Un mois après le renversement de Bashir Soudan loin du régime civil

Posté le
11.05.2019 à 11h50
de
AFP

Un mois après le renversement du président soudanais Omar al-Bashir, les chefs de l'armée n'ont pas voulu céder le pouvoir à une administration civile et les pourparlers avec les représentants des manifestations populaires ont été interrompus.

Malgré des températures supérieures à 40 degrés et le début de la jeunesse du Ramadan, des milliers de manifestants continuent de camper devant le quartier général de l'armée à Khartoum, déterminés à obtenir un régime civil.

Ils veulent forcer les généraux du Conseil militaire de transition à se retirer, comme l’avait fait le président précédent il ya à peine un mois, après presque 30 ans de pouvoir.

"Ou nous aurons le pouvoir civil que nous voulons, ou nous resterons ici pour toujours", explique Imman Hussein, qui s'est présenté devant le quartier général de l'armée le 6 avril.

Après près de quatre mois de manifestations dans le pays provoquées par la hausse des prix du pain en période de crise économique et de pénurie, les manifestants s'étaient rassemblés pour la première fois dans ce complexe afin de demander l'aide des généraux pour mettre fin au régime d'Omar el-Bashir.

Le 11 avril, l'armée a contraint l'ancien chef d'État à se rendre au pouvoir.

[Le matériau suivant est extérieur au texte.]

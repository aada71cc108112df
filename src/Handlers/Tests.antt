-- ===== src/Handlers/Tests.antt =====
-- The handlers of src/server.cpp run on small requests, and the instance of their theorem.
use glmserve.Prelude.{ℕ, ◌≡◌, refl, true, false, List, [], ◌∷◌, some}
use glmserve.Prelude.Int.{pos}
use glmserve.Prelude.Bytes.{Bytes, codes}
use glmserve.Prelude.Result.{ok, err}
use glmserve.Json.{skip_ws, parse_string, string_loop, string_turn, unescape}
use glmserve.Json.Parser.{
  parse, parse_value, parse_object, members_loop, parse_array, elements_loop, parse_string_value,
  insert, at, parse_bool,
}
use glmserve.Json.Access.{has, get_double, get_bool, get_string, get_int}
use glmserve.Engine.{stopped}
use glmserve.Http.{HttpRequest}
use glmserve.Tokenizer.{ChatMessage}
use glmserve.Handlers.{
  SamplingParams, Completion, Numbers, Session, no_messages, parse_body, parse_params,
  parse_messages, messages_of, content_of, text_parts, read_chat,
}
use glmserve.Handlers.Answers.{Service}
use glmserve.Handlers.Failures.{BrokenOff, handle_chat-BrokenOff}
use glmserve.Handlers.Chat.{ChatEvents, streamed, handle_chat-ChatEvents}

abbrev numbers : Numbers ℕ ℕ
numbers = record {
  stod = λ s. some 7;
  to_int = λ x. pos x;
  to_float = λ x. x;
  one_point_zero = 1;
  zero_point_zero = 0;
}

abbrev session : Session
session = record { id_time = 12; created = 12; counter = 3; client_alive = λ i. true }

abbrev said : Completion
said = record {
  text = codes "a\nb\"";
  prompt_tokens = 2;
  completion_tokens = 2;
  finish_reason = stopped;
}

-- The text comes in two fragments, one with a line feed.
abbrev service : Service numbers
service = record {
  served_model_name = codes "glm";
  generate =
      λ msgs p on_delta. record { deltas = codes "a\nb" ∷ codes "\"" ∷ []; result = ok said };
  generate_text = λ prompt p on_delta. record { deltas = []; result = ok said };
  message = λ refusal. codes "refused";
}

-- The engine throws after one fragment.
abbrev failing : Service numbers
failing = record service {
  generate =
      λ msgs p on_delta. record { deltas = codes "a" ∷ []; result = err (codes "device lost") };
}

abbrev post : Bytes → HttpRequest
post body = record {
  method = codes "POST";
  path = codes "/v1/chat/completions";
  query = [];
  body = body;
  headers = [];
}

abbrev body : Bytes
body =
    codes
      "{\"stream\":true,\"stop\":\"x\",\"messages\":[{\"content\":[{\"type\":\"text\",\"text\":\"hi\"}]}]}"

abbrev params : SamplingParams ℕ
params = record {
  temperature = 1;
  top_p = 1;
  top_k = pos 0;
  max_tokens = pos 512;
  repetition_penalty = 1;
  frequency_penalty = 0;
  presence_penalty = 0;
  seed = 0;
  ignore_eos = false;
  mtp_draft_k = pos 0;
  stop = codes "x" ∷ [];
}

abbrev messages : List ChatMessage
messages = record { role = codes "user"; content = codes "hi" } ∷ []

read_chat_test : read_chat numbers body ≡ ok (true, params, messages)
unfolding read_chat parse_body parse_params parse_messages messages_of content_of text_parts has
    get_double get_bool get_string get_int parse parse_value parse_object members_loop parse_array
    elements_loop parse_string_value parse_string string_loop string_turn unescape skip_ws insert at
    parse_bool
read_chat_test = refl

no_messages_test : read_chat numbers (codes "{}") ≡ err no_messages
unfolding read_chat parse_body parse_messages parse parse_value parse_object members_loop skip_ws at
no_messages_test = refl

handle_chat-ChatEvents_example :
    ChatEvents numbers service session
      (post body)
      (streamed numbers service session params messages)
      said
handle_chat-ChatEvents_example =
    handle_chat-ChatEvents numbers service session (post body) params messages said read_chat_test
      refl (λ i. refl) refl

handle_chat-BrokenOff_example :
    BrokenOff numbers failing session (post body) (streamed numbers failing session params messages)
handle_chat-BrokenOff_example =
    handle_chat-BrokenOff numbers failing session (post body) params messages (codes "device lost")
      read_chat_test refl (λ i. refl) refl refl
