-- ===== src/Http/Chunks.antt =====
-- `read_request` of src/http_server.cpp does not depend on how the network cuts the request.
use glmserve.Prelude.{
  ℕ, zero, suc, ◌+◌, ◌^◌, ◌≤◌, ◌<◌, ◌≡◌, refl, sym, ap, subst, ◌∙◌, true, false, Option, none, some,
  List, [], ◌∷◌, ◌++◌, take, drop, length, ltb, All, concat, append_assoc, append-nil,
  length-append, take-append_left, take-append-length, Bool-cases, Option-cases, inl, inr, arith,
  lt→ltb,
}
use glmserve.Prelude.Bytes.{Bytes, find, starts_with}
use glmserve.Prelude.Result.{ok}
use glmserve.Http.{HttpRequest, blank_line, read_head, parse_head, read_body, read_request}

starts_with-append : (s t d : Bytes) → starts_with s t ≡ true → starts_with s (t ++ d) ≡ true
starts_with-append [] t d h = refl
starts_with-append (x ∷ s) [] d h = cc
starts_with-append (x ∷ s) (y ∷ t) d h = ground (arith, starts_with-append s t d)

starts_with-shorter :
    (s t d : Bytes) → starts_with s (t ++ d) ≡ true → length s ≤ length t → starts_with s t ≡ true
starts_with-shorter [] t d h l = refl
starts_with-shorter (x ∷ s) [] d h l = absurd (omega arith)
starts_with-shorter (x ∷ s) (y ∷ t) d h l = ground (arith, starts_with-shorter s t d)

starts_with-le : (s t : Bytes) → starts_with s t ≡ true → length s ≤ length t
starts_with-le [] t h = omega arith
starts_with-le (x ∷ s) [] h = cc
starts_with-le (x ∷ s) (y ∷ t) h = ground (arith, starts_with-le s t)

find-le : (s t : Bytes) (q : ℕ) → find s t ≡ some q → q + length s ≤ length t
unfolding find
find-le s [] q h = elim (Bool-cases (starts_with s [])) [
  | inl e ↦ ground (arith, starts_with-le s [] e)
  | inr e ↦ ground arith
]
find-le s (y ∷ t) q h = elim (Bool-cases (starts_with s (y ∷ t))) [
  | inl e ↦ ground (arith, starts_with-le s (y ∷ t) e)
  | inr e ↦ elim (Option-cases (find s t)) [
    | inl f ↦ absurd (ground arith)
    | inr (q', f) ↦ ground (arith, find-le s t q')
  ]
]

-- An occurrence that is found stays the first one when more text comes.
find_stays : (s t d : Bytes) (q : ℕ) → find s t ≡ some q → find s (t ++ d) ≡ some q
unfolding find
find_stays [] [] [] q h = h
find_stays [] [] (x ∷ d) q h = h
find_stays (x ∷ s) [] d q h = absurd (ground arith)
find_stays s (y ∷ t) d q h = elim (Bool-cases (starts_with s (y ∷ t))) [
  | inl e ↦
      let f : starts_with s (y ∷ t ++ d) ≡ true = starts_with-append s (y ∷ t) d e in ground arith
  | inr e ↦ elim (Option-cases (find s t)) [
    | inl f ↦ absurd (ground arith)
    | inr (q', f) ↦
        let room : q' + length s ≤ length t = find-le s t q' f in
        let miss : starts_with s (y ∷ t ++ d) ≡ false =
          elim (Bool-cases (starts_with s (y ∷ t ++ d))) [
            | inl g ↦ absurd (ground (arith, starts_with-shorter s (y ∷ t) d g))
            | inr g ↦ g
          ] in
        let later : find s (t ++ d) ≡ some q' = find_stays s t d q' f in ground arith
  ]
]

abbrev NotEmpty : Bytes → Type 0
NotEmpty s = 0 < length s

read_head-stop :
    (c : ℕ) (cs buf : Bytes) (chunks : List Bytes) (q : ℕ)
    → find blank_line (buf ++ c ∷ cs) ≡ some q
    → read_head buf ((c ∷ cs) ∷ chunks) ≡ ok (q, buf ++ c ∷ cs, chunks)
unfolding read_head
read_head-stop c cs buf chunks q f = rw (read_head, f)

read_head-more :
    (c : ℕ) (cs buf : Bytes) (chunks : List Bytes)
    → find blank_line (buf ++ c ∷ cs) ≡ none
    → ltb (2 ^ 20) (length (buf ++ c ∷ cs)) ≡ false
    → read_head buf ((c ∷ cs) ∷ chunks) ≡ read_head (buf ++ c ∷ cs) chunks
unfolding read_head
read_head-more c cs buf chunks f low = rw (read_head, f, low)

-- Where the blank line is first found at `q` in all of the text, `read_head` stops there.
read_head-find :
    (chunks : List Bytes) (buf whole : Bytes) (q : ℕ)
    → All NotEmpty chunks
    → buf ++ concat chunks ≡ whole
    → length whole ≤ 2 ^ 20
    → find blank_line buf ≡ none
    → find blank_line whole ≡ some q
    → (read : Bytes) × (left : List Bytes) × (read_head buf chunks ≡ ok (q, read, left))
      × (read ++ concat left ≡ whole)
      × All NotEmpty left
      × (q + 4 ≤ length read)
unfolding read_head
read_head-find [] buf whole q n e small miss hit =
    let same : buf ≡ whole = sym (append-nil buf) ∙ e in absurd (cc)
read_head-find ([] ∷ chunks) buf whole q n e small miss hit = absurd (omega (arith, n.0))
read_head-find ((c ∷ cs) ∷ chunks) buf whole q n e small miss hit =
    let all : (buf ++ c ∷ cs) ++ concat chunks ≡ whole =
      append_assoc buf (c ∷ cs) (concat chunks) ∙ e in
    let fits : length (buf ++ c ∷ cs) ≤ 2 ^ 20 =
      omega (arith, ap length all, length-append (buf ++ c ∷ cs) (concat chunks)) in
    elim (Option-cases (find blank_line (buf ++ c ∷ cs))) [
      | inl f ↦
          let low : ltb (2 ^ 20) (length (buf ++ c ∷ cs)) ≡ false = ground arith in
          let (read, left, h, r1, r2, r3) =
            read_head-find chunks (buf ++ c ∷ cs) whole q n.1 all small f hit in
          (read, left, read_head-more c cs buf chunks f low ∙ h, r1, r2, r3)
      | inr (q', f) ↦
          let stays : find blank_line whole ≡ some q' =
            subst (λ w. find blank_line w ≡ some q') all
              (find_stays blank_line (buf ++ c ∷ cs) (concat chunks) q' f) in
          let same : q' ≡ q = ground arith in
          (
            buf ++ c ∷ cs,
            chunks,
            read_head-stop c cs buf chunks q (f ∙ ap some same),
            all,
            n.1,
            omega (arith, find-le blank_line (buf ++ c ∷ cs) q' f),
          )
    ]

-- `read_body` takes all that comes where the chunks hold just what is missing.
read_body_whole :
    (chunks : List Bytes) (body : Bytes) (n : ℕ)
    → All NotEmpty chunks
    → length (body ++ concat chunks) ≡ n
    → read_body body n chunks ≡ body ++ concat chunks
unfolding read_body
read_body_whole [] body n k e = sym (append-nil body)
read_body_whole ([] ∷ chunks) body n k e = absurd (omega (arith, k.0))
read_body_whole ((c ∷ cs) ∷ chunks) body n k e =
    let short : ltb (length body) n ≡ true = lt→ltb (length body) n (
      omega (
        arith,
        e,
        length-append body ((c ∷ cs) ++ concat chunks),
        length-append (c ∷ cs) (concat chunks),
      )) in
    let assoc = append_assoc body (c ∷ cs) (concat chunks) in
    rw (read_body, short)
      (read_body_whole chunks (body ++ c ∷ cs) n k.1 (ap length assoc ∙ e) ∙ assoc)

drop-append_left {ℓ} :
    {A : Type ℓ} (n : ℕ) (xs ys : List A) → n ≤ length xs → drop n (xs ++ ys) ≡ drop n xs ++ ys
drop-append_left zero xs ys h = refl
drop-append_left (suc n) [] ys h = absurd (omega arith)
drop-append_left (suc n) (x ∷ xs) ys h = drop-append_left n xs ys (omega arith)

drop-append_add {ℓ} :
    {A : Type ℓ} (xs ys : List A) (n : ℕ) → drop (length xs + n) (xs ++ ys) ≡ drop n ys
drop-append_add [] ys n = let e : 0 + n ≡ n = omega arith in rw e
drop-append_add (x ∷ xs) ys n =
    let e : suc (length xs) + n ≡ suc (length xs + n) = omega arith in
    rw e (drop-append_add xs ys n)

-- However the network cuts a request into chunks, `read_request` reads the same: where the bytes are
-- a head, the blank line and a body, the blank line is found first behind the head, the head parses
-- and its content length is that of the body, and there are at most 2^20 bytes, the result is the
-- request of the head with that body.
pub read_request-chunks :
    (stoul : Bytes → Option ℕ) (chunks : List Bytes) (head body : Bytes) (req : HttpRequest)
    → All NotEmpty chunks
    → concat chunks ≡ head ++ (blank_line ++ body)
    → length (head ++ (blank_line ++ body)) ≤ 2 ^ 20
    → find blank_line (head ++ (blank_line ++ body)) ≡ some (length head)
    → parse_head stoul head ≡ ok (req, length body)
    → read_request stoul chunks ≡ ok (record req { body = body })
unfolding read_request find
read_request-chunks stoul chunks head body req n e small hit parsed =
    let (read, left, h, whole, k, room) =
      read_head-find chunks [] (head ++ (blank_line ++ body)) (length head) n e small refl hit in
    let start : take (length head) read ≡ head =
      sym (take-append_left (length head) read (concat left) (omega arith))
      ∙ ap (take (length head)) whole
      ∙ take-append-length head (blank_line ++ body) in
    let rest : drop (length head + 4) read ++ concat left ≡ body =
      sym (drop-append_left (length head + 4) read (concat left) room)
      ∙ ap (drop (length head + 4)) whole
      ∙ drop-append_add head (blank_line ++ body) 4 in
    let whole_body : read_body (drop (length head + 4) read) (length body) left ≡ body =
      read_body_whole left (drop (length head + 4) read) (length body) k (ap length rest) ∙ rest in
    rw (h, start, parsed, whole_body)
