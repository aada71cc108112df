-- ===== src/Http/Tests.antt =====
-- src/http_server.cpp run on small requests, and the instances of its theorems.
use glmserve.Prelude.{ℕ, ◌-◌, ◌≡◌, true, refl, Option, none, some, [], ◌∷◌, ◌++◌, arith}
use glmserve.Prelude.Bytes.{Bytes, codes, find}
use glmserve.Prelude.Result.{ok}
use glmserve.Http.{
  HttpRequest, blank_line, read_request, parse_head, lines, request_line, strip_cr, word_here,
  skip_spaces, split_at, header_lines, header_line, set_header,
}
use glmserve.Http.Chunks.{read_request-chunks}
use glmserve.Http.Respond.{write_all, write_all-prefix}

-- A `stoul` for one digit.
abbrev stoul : Bytes → Option ℕ
stoul [] = none
stoul (c ∷ s) = some (c - b'0')

abbrev head : Bytes
head = codes "POST /v1/chat?a=1 HTTP/1.1\r\nHost: x\r\nContent-Length: 2"

abbrev request : HttpRequest
request = record {
  method = codes "POST";
  path = codes "/v1/chat";
  query = codes "a=1";
  body = [];
  headers = (codes "content-length", codes "2") ∷ (codes "host", codes "x") ∷ [];
}

head_test : parse_head stoul head ≡ ok (request, 2)
unfolding parse_head lines request_line strip_cr word_here skip_spaces split_at header_lines
    header_line set_header
head_test = refl

found_test : find blank_line (head ++ (blank_line ++ codes "{}")) ≡ some 54
unfolding find
found_test = refl

-- The request comes in three pieces, cut within the blank line and within the body.
read_request-chunks_example :
    read_request stoul ((head ++ codes "\r\n\r") ∷ codes "\n{" ∷ codes "}" ∷ [])
    ≡ ok (record request { body = codes "{}" })
read_request-chunks_example =
    read_request-chunks stoul ((head ++ codes "\r\n\r") ∷ codes "\n{" ∷ codes "}" ∷ []) head
      (codes "{}") request (omega arith, (omega arith, (omega arith, tt))) refl (omega arith)
      found_test head_test

write_all-prefix_example :
    (rest : Bytes) × ((write_all (2 ∷ 0 ∷ []) (codes "abc")).0 ++ rest ≡ codes "abc")
    × ((write_all (2 ∷ 0 ∷ []) (codes "abc")).1 ≡ true → rest ≡ [])
write_all-prefix_example = write_all-prefix (2 ∷ 0 ∷ []) (codes "abc")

Mais depuis lors, les chefs militaires qui ont pris les rênes du pays ne sont pas disposés à les transférer au pouvoir civil, tout en veillant à ce qu'ils n'utilisent pas la force pour disperser les occupants.

Les concessions faites aux manifestants n'affectent pas la détermination de ces derniers.

Omar al-Bashir a été arrêté et placé en détention à la prison de Kober, au même titre que les autres responsables de son régime. La justice a également promis de persécuter les responsables de la mort de personnes lors de manifestations qui ont débuté le 19 décembre.

– Arme –

Pendant ce temps, les discussions des manifestants sur un transfert de pouvoir de quatre ans aux civils se poursuivent.

Les deux côtés ne s'entendent pas sur la composition de l'organe qui remplacera le conseil militaire composé de dix membres. Devrait-il être dominé par les militaires, comme le veulent les généraux ou les civils, comme le demandent les manifestants?

"Au fil du temps, ils ont fait pression sur nous, mais nous avons fait pression sur eux, préservant ainsi notre présence ici", a déclaré Imman Hussein.

"L'un de nous doit gagner et, finalement, nous le serons", ajoute-t-il avec assurance.

Le mois dernier, l'Alliance pour la liberté et le changement (ALC), qui dirige le mouvement de protestation, a remis aux généraux leurs propositions concernant le pouvoir civil dont elle a besoin.

Les généraux ont réagi en exprimant "beaucoup de réserves" en reprochant à la SLA de ne pas avoir mentionné que la charia (loi islamique) devrait rester une source de législation.

La SLA s'y est opposée, accusant l'armée de "vouloir prendre l'otage de la révolution".

Khaled Omar Youssef, l'un des dirigeants des manifestants, a exaspéré mercredi la menace de désobéissance civile face à ce qu'il considère comme un retard pour les généraux.

Les États-Unis et l’Union africaine exercent également des pressions sur ces derniers pour faciliter le transfert des pouvoirs.

– pression américaine –

Mercredi, John Sullivan, deuxième département du Département d'Etat américain, s'est entretenu par téléphone avec le général Abdel Fatah al-Burhanne, président du Conseil militaire de transition.

Il l'a exhorté à "passer rapidement à un gouvernement civil dirigé par des civils" et à parvenir à un accord avec les dirigeants de l'opposition réunis au sein de l'Alk.

Face à cette pression, les généraux peuvent compter sur le soutien de forces régionales arabes telles que l’Arabie saoudite, les Émirats arabes unis et l’Égypte.

Riyad et Abu Dhabi ont annoncé une aide de 3 milliards de dollars (2,7 milliards de dollars) au Soudan, où la crise économique a déclenché le tsunami qui a frappé Bashir.

Certains restent cependant optimistes.

L'armée transférera le pouvoir si les dirigeants de la manifestation leur présentent une "forme de gouvernement civil fiable et viable" à long terme, a déclaré Sadek al-Mahdi, chef du principal parti d'opposition.

"Parce qu'ils savent que s'ils sont satisfaits d'une dictature militaire, ils se retrouveront dans la même situation que Bashir", a-t-il ajouté dans un entretien avec l'AFP début mai.

Le gouvernement choisi par M. Mahdi est que l'ancien président a rejeté un coup d'Etat soutenu par les islamistes en 1989.